(Stored items)
╭──

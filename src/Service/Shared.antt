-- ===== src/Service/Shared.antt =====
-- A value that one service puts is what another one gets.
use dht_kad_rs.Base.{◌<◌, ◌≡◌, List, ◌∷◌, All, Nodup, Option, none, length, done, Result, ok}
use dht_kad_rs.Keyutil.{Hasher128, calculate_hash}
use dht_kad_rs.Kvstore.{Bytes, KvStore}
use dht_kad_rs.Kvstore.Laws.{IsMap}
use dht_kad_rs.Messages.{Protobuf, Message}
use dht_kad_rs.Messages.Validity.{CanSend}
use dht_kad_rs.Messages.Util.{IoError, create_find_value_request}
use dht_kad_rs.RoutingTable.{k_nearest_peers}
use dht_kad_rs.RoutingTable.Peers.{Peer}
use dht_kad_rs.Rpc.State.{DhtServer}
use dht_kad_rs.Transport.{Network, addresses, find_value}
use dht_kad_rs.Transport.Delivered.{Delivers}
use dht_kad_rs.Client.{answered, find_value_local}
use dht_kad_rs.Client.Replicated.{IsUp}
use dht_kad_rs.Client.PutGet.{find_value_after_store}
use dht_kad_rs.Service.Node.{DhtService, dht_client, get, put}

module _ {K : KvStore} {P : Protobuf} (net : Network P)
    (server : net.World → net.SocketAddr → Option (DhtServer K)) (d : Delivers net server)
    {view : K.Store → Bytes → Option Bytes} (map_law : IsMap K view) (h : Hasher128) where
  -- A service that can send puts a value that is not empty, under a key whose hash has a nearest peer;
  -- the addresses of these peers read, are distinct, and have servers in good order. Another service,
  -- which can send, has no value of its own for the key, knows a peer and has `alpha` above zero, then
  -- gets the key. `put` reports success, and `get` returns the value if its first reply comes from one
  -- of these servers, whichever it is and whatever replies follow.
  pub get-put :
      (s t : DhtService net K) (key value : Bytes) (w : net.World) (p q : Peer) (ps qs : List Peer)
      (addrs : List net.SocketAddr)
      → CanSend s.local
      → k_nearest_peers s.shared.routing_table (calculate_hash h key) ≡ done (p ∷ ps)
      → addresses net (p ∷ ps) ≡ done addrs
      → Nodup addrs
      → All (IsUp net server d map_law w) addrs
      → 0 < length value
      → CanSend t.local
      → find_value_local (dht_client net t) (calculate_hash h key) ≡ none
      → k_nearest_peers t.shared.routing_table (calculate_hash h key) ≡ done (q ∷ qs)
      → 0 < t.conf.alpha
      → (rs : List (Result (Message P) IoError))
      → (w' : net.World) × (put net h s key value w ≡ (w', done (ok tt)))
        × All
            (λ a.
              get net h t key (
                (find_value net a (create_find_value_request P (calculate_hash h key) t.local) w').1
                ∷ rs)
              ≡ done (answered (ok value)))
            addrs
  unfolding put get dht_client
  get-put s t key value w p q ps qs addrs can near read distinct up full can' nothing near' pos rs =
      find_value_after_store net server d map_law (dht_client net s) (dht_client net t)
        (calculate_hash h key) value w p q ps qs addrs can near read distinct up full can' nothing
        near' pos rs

╰──
╭──

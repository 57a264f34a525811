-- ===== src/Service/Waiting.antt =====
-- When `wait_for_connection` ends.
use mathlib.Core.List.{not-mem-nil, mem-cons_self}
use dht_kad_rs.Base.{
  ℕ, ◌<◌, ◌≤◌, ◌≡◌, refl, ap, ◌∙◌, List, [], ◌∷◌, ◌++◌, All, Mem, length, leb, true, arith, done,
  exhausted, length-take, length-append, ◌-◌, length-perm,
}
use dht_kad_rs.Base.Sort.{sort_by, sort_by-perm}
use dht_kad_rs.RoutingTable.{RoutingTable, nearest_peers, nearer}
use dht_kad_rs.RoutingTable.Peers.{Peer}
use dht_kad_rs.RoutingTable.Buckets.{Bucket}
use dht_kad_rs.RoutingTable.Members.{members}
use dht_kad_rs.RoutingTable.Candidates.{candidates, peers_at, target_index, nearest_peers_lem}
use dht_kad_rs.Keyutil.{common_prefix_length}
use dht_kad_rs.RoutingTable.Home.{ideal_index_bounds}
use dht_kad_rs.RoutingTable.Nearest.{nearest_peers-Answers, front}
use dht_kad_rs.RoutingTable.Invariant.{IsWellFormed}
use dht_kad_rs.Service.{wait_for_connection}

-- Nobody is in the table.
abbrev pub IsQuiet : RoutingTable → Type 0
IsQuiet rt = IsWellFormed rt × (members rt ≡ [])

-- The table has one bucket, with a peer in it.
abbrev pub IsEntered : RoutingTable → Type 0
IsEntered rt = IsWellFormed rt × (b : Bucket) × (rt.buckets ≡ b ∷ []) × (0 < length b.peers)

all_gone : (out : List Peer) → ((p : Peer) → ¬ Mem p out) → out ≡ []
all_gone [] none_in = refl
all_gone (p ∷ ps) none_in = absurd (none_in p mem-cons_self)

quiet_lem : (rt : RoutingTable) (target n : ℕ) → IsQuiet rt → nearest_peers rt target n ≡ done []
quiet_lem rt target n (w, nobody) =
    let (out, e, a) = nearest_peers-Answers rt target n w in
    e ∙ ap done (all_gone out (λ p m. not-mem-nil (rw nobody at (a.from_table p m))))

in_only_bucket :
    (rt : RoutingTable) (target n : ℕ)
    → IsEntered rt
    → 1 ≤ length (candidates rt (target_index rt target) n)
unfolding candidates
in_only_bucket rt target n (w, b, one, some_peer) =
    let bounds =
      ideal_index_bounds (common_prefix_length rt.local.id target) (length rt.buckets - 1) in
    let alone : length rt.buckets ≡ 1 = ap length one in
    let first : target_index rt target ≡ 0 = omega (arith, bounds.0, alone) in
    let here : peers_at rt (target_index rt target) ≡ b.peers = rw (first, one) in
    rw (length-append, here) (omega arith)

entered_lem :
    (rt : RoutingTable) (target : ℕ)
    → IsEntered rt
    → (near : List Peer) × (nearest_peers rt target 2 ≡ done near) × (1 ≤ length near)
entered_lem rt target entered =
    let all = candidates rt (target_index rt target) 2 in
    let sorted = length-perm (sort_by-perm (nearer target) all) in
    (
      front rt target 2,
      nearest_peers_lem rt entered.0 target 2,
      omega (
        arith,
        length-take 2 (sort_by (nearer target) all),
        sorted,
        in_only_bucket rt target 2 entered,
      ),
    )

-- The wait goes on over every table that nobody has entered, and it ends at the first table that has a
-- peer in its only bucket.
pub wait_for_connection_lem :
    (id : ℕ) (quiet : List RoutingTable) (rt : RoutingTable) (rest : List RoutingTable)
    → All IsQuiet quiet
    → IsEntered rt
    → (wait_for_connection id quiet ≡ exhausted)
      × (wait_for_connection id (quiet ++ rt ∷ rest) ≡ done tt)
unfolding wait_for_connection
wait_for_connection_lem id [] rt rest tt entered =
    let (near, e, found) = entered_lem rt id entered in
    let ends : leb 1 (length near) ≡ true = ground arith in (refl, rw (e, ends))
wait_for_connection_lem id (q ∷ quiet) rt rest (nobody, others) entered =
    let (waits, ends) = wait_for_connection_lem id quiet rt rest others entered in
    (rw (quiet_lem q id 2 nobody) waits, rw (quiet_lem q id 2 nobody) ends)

╰──

> _Instructions for the task_:
Scan the entries above. Copy each line that has the string "Base".

> _Answer box_:
use dht_kad_rs.Base.{◌<◌, ◌≡◌, List, ◌∷◌, All, Nodup, Option, none, length, done, Result, ok}
use dht_kad_rs.Base.{
use dht_kad_rs.Base.Sort.{sort_by, sort_by-perm}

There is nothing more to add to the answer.